ACTION ITEM –
Exactly as given, repeat all of the entries.

TASK MATERIAL –
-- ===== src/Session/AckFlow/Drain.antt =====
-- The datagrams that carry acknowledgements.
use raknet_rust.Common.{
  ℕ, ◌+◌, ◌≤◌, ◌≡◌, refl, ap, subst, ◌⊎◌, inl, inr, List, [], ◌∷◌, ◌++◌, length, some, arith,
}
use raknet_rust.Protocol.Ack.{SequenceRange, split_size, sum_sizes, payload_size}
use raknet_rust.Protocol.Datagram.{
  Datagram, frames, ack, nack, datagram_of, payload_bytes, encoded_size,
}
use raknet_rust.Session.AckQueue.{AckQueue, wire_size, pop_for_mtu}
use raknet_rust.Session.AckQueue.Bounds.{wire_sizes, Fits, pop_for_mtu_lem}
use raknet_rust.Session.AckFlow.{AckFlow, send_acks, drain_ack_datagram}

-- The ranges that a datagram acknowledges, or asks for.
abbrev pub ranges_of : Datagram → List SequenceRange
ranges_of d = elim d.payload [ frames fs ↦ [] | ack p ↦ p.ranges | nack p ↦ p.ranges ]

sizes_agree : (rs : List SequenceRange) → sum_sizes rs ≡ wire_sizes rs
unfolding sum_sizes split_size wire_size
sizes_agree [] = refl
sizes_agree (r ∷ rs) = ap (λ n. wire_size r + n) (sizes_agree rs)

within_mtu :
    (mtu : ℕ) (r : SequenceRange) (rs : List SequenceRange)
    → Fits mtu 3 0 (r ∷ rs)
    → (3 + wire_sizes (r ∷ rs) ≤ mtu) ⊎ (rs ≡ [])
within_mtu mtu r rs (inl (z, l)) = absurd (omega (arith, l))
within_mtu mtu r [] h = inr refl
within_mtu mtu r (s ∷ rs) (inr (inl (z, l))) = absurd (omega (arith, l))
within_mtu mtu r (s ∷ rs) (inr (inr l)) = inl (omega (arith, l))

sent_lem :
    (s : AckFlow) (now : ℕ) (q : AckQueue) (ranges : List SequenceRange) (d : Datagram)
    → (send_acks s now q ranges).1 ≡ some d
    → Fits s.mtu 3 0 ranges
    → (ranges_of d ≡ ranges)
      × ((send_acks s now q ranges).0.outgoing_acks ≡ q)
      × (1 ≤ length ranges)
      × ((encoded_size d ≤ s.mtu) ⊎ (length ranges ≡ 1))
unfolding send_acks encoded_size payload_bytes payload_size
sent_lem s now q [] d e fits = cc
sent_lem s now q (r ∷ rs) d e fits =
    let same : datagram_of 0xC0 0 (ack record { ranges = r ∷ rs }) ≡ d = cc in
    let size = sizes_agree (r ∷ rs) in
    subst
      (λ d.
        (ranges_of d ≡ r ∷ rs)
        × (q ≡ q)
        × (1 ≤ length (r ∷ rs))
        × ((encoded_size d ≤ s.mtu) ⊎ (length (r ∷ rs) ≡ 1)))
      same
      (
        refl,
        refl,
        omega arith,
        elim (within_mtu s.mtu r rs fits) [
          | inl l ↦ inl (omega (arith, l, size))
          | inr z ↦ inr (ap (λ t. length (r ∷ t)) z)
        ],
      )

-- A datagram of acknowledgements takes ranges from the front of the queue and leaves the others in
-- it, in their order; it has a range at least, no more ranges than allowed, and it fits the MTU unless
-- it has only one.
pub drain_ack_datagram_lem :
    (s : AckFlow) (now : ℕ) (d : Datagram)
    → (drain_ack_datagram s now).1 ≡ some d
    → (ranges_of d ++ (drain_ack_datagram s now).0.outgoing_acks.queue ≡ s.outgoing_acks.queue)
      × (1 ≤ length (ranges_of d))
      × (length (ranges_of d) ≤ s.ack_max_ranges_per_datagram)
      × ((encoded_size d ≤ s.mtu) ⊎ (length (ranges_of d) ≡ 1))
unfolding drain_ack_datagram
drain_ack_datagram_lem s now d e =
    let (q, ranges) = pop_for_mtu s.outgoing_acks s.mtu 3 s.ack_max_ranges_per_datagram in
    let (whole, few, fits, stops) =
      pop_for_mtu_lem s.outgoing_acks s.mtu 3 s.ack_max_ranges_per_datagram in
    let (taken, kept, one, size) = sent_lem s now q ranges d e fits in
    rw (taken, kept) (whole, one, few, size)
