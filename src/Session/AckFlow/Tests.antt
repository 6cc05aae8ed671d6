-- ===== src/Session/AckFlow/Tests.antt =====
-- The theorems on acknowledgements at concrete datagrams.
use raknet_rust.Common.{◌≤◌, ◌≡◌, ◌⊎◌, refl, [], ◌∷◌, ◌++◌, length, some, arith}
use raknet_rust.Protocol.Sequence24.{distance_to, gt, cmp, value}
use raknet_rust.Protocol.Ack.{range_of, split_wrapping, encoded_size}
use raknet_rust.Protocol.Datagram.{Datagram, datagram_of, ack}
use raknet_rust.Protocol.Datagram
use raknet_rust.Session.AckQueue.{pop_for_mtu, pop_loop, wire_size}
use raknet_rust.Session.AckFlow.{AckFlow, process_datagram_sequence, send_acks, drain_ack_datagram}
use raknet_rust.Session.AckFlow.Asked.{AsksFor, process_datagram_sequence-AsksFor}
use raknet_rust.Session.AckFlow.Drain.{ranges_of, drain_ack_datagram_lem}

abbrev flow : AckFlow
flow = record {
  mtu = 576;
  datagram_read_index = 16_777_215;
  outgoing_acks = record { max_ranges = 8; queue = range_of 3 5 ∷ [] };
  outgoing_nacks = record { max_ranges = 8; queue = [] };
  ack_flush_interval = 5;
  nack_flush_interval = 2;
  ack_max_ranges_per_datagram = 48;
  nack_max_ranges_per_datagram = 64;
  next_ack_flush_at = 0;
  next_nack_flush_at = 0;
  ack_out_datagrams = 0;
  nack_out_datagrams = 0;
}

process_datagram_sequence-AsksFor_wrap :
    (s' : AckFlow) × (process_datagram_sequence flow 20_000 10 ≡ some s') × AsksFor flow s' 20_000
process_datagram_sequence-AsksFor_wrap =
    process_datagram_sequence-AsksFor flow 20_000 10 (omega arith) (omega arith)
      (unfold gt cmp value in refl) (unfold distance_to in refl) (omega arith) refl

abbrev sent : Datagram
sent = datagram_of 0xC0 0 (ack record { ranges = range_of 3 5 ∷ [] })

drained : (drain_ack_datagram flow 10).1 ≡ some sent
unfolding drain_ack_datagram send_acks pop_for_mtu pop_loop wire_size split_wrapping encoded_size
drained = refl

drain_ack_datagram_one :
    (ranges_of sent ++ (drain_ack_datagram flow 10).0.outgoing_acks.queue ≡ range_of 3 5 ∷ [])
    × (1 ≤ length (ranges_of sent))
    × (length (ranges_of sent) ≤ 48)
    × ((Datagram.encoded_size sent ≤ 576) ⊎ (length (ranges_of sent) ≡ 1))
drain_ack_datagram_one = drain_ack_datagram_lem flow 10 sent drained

SOLUTION TO THIS EXERCISE –
-- ===== src/Session/AckFlow/Drain.antt =====
-- The datagrams that carry acknowledgements.
use raknet_rust.Common.{
  ℕ, ◌+◌, ◌≤◌, ◌≡◌, refl, ap, subst, ◌⊎◌, inl, inr, List, [], ◌∷◌, ◌++◌, length, some, arith,
}
use raknet_rust.Protocol.Ack.{SequenceRange, split_size, sum_sizes, payload_size}
use raknet_rust.Protocol.Datagram.{
  Datagram, frames, ack, nack, datagram_of, payload_bytes, encoded_size,
}
use raknet_rust.Session.AckQueue.{AckQueue, wire_size, pop_for_mtu}
use raknet_rust.Session.AckQueue.Bounds.{wire_sizes, Fits, pop_for_mtu_lem}
use raknet_rust.Session.AckFlow.{AckFlow, send_acks, drain_ack_datagram}

-- The ranges that a datagram acknowledges, or asks for.
abbrev pub ranges_of : Datagram → List SequenceRange
ranges_of d = elim d.payload [ frames fs ↦ [] | ack p ↦ p.ranges | nack p ↦ p.ranges ]

sizes_agree : (rs : List SequenceRange) → sum_sizes rs ≡ wire_sizes rs
unfolding sum_sizes split_size wire_size
sizes_agree [] = refl
sizes_agree (r ∷ rs) = ap (λ n. wire_size r + n) (sizes_agree rs)

within_mtu :
    (mtu : ℕ) (r : SequenceRange) (rs : List SequenceRange)
    → Fits mtu 3 0 (r ∷ rs)
    → (3 + wire_sizes (r ∷ rs) ≤ mtu) ⊎ (rs ≡ [])
within_mtu mtu r rs (inl (z, l)) = absurd (omega (arith, l))
within_mtu mtu r [] h = inr refl
within_mtu mtu r (s ∷ rs) (inr (inl (z, l))) = absurd (omega (arith, l))
within_mtu mtu r (s ∷ rs) (inr (inr l)) = inl (omega (arith, l))

sent_lem :
    (s : AckFlow) (now : ℕ) (q : AckQueue) (ranges : List SequenceRange) (d : Datagram)
    → (send_acks s now q ranges).1 ≡ some d
    → Fits s.mtu 3 0 ranges
    → (ranges_of d ≡ ranges)
      × ((send_acks s now q ranges).0.outgoing_acks ≡ q)
      × (1 ≤ length ranges)
      × ((encoded_size d ≤ s.mtu) ⊎ (length ranges ≡ 1))
unfolding send_acks encoded_size payload_bytes payload_size
sent_lem s now q [] d e fits = cc
sent_lem s now q (r ∷ rs) d e fits =
    let same : datagram_of 0xC0 0 (ack record { ranges = r ∷ rs }) ≡ d = cc in
    let size = sizes_agree (r ∷ rs) in
    subst
      (λ d.
        (ranges_of d ≡ r ∷ rs)
        × (q ≡ q)
        × (1 ≤ length (r ∷ rs))
        × ((encoded_size d ≤ s.mtu) ⊎ (length (r ∷ rs) ≡ 1)))
      same
      (
        refl,
        refl,
        omega arith,
        elim (within_mtu s.mtu r rs fits) [
          | inl l ↦ inl (omega (arith, l, size))
          | inr z ↦ inr (ap (λ t. length (r ∷ t)) z)
        ],
      )

-- A datagram of acknowledgements takes ranges from the front of the queue and leaves the others in
-- it, in their order; it has a range at least, no more ranges than allowed, and it fits the MTU unless
-- it has only one.
pub drain_ack_datagram_lem :
    (s : AckFlow) (now : ℕ) (d : Datagram)
    → (drain_ack_datagram s now).1 ≡ some d
    → (ranges_of d ++ (drain_ack_datagram s now).0.outgoing_acks.queue ≡ s.outgoing_acks.queue)
      × (1 ≤ length (ranges_of d))
      × (length (ranges_of d) ≤ s.ack_max_ranges_per_datagram)
      × ((encoded_size d ≤ s.mtu) ⊎ (length (ranges_of d) ≡ 1))
unfolding drain_ack_datagram
drain_ack_datagram_lem s now d e =
    let (q, ranges) = pop_for_mtu s.outgoing_acks s.mtu 3 s.ack_max_ranges_per_datagram in
    let (whole, few, fits, stops) =
      pop_for_mtu_lem s.outgoing_acks s.mtu 3 s.ack_max_ranges_per_datagram in
    let (taken, kept, one, size) = sent_lem s now q ranges d e fits in
    rw (taken, kept) (whole, one, few, size)
filename src/Session/AckFlow/Tests.antt
repository 6cc05aae8ed671d6
-- ===== src/Session/AckFlow/Tests.antt =====
-- The theorems on acknowledgements at concrete datagrams.
use raknet_rust.Common.{◌≤◌, ◌≡◌, ◌⊎◌, refl, [], ◌∷◌, ◌++◌, length, some, arith}
use raknet_rust.Protocol.Sequence24.{distance_to, gt, cmp, value}
use raknet_rust.Protocol.Ack.{range_of, split_wrapping, encoded_size}
use raknet_rust.Protocol.Datagram.{Datagram, datagram_of, ack}
use raknet_rust.Protocol.Datagram
use raknet_rust.Session.AckQueue.{pop_for_mtu, pop_loop, wire_size}
use raknet_rust.Session.AckFlow.{AckFlow, process_datagram_sequence, send_acks, drain_ack_datagram}
use raknet_rust.Session.AckFlow.Asked.{AsksFor, process_datagram_sequence-AsksFor}
use raknet_rust.Session.AckFlow.Drain.{ranges_of, drain_ack_datagram_lem}

abbrev flow : AckFlow
flow = record {
  mtu = 576;
  datagram_read_index = 16_777_215;
  outgoing_acks = record { max_ranges = 8; queue = range_of 3 5 ∷ [] };
  outgoing_nacks = record { max_ranges = 8; queue = [] };
  ack_flush_interval = 5;
  nack_flush_interval = 2;
  ack_max_ranges_per_datagram = 48;
  nack_max_ranges_per_datagram = 64;
  next_ack_flush_at = 0;
  next_nack_flush_at = 0;
  ack_out_datagrams = 0;
  nack_out_datagrams = 0;
}

process_datagram_sequence-AsksFor_wrap :
    (s' : AckFlow) × (process_datagram_sequence flow 20_000 10 ≡ some s') × AsksFor flow s' 20_000
process_datagram_sequence-AsksFor_wrap =
    process_datagram_sequence-AsksFor flow 20_000 10 (omega arith) (omega arith)
      (unfold gt cmp value in refl) (unfold distance_to in refl) (omega arith) refl

abbrev sent : Datagram
sent = datagram_of 0xC0 0 (ack record { ranges = range_of 3 5 ∷ [] })

drained : (drain_ack_datagram flow 10).1 ≡ some sent
unfolding drain_ack_datagram send_acks pop_for_mtu pop_loop wire_size split_wrapping encoded_size
drained = refl

drain_ack_datagram_one :
    (ranges_of sent ++ (drain_ack_datagram flow 10).0.outgoing_acks.queue ≡ range_of 3 5 ∷ [])
    × (1 ≤ length (ranges_of sent))
    × (length (ranges_of sent) ≤ 48)
    × ((Datagram.encoded_size sent ≤ 576) ⊎ (length (ranges_of sent) ≡ 1))
drain_ack_datagram_one = drain_ack_datagram_lem flow 10 sent drained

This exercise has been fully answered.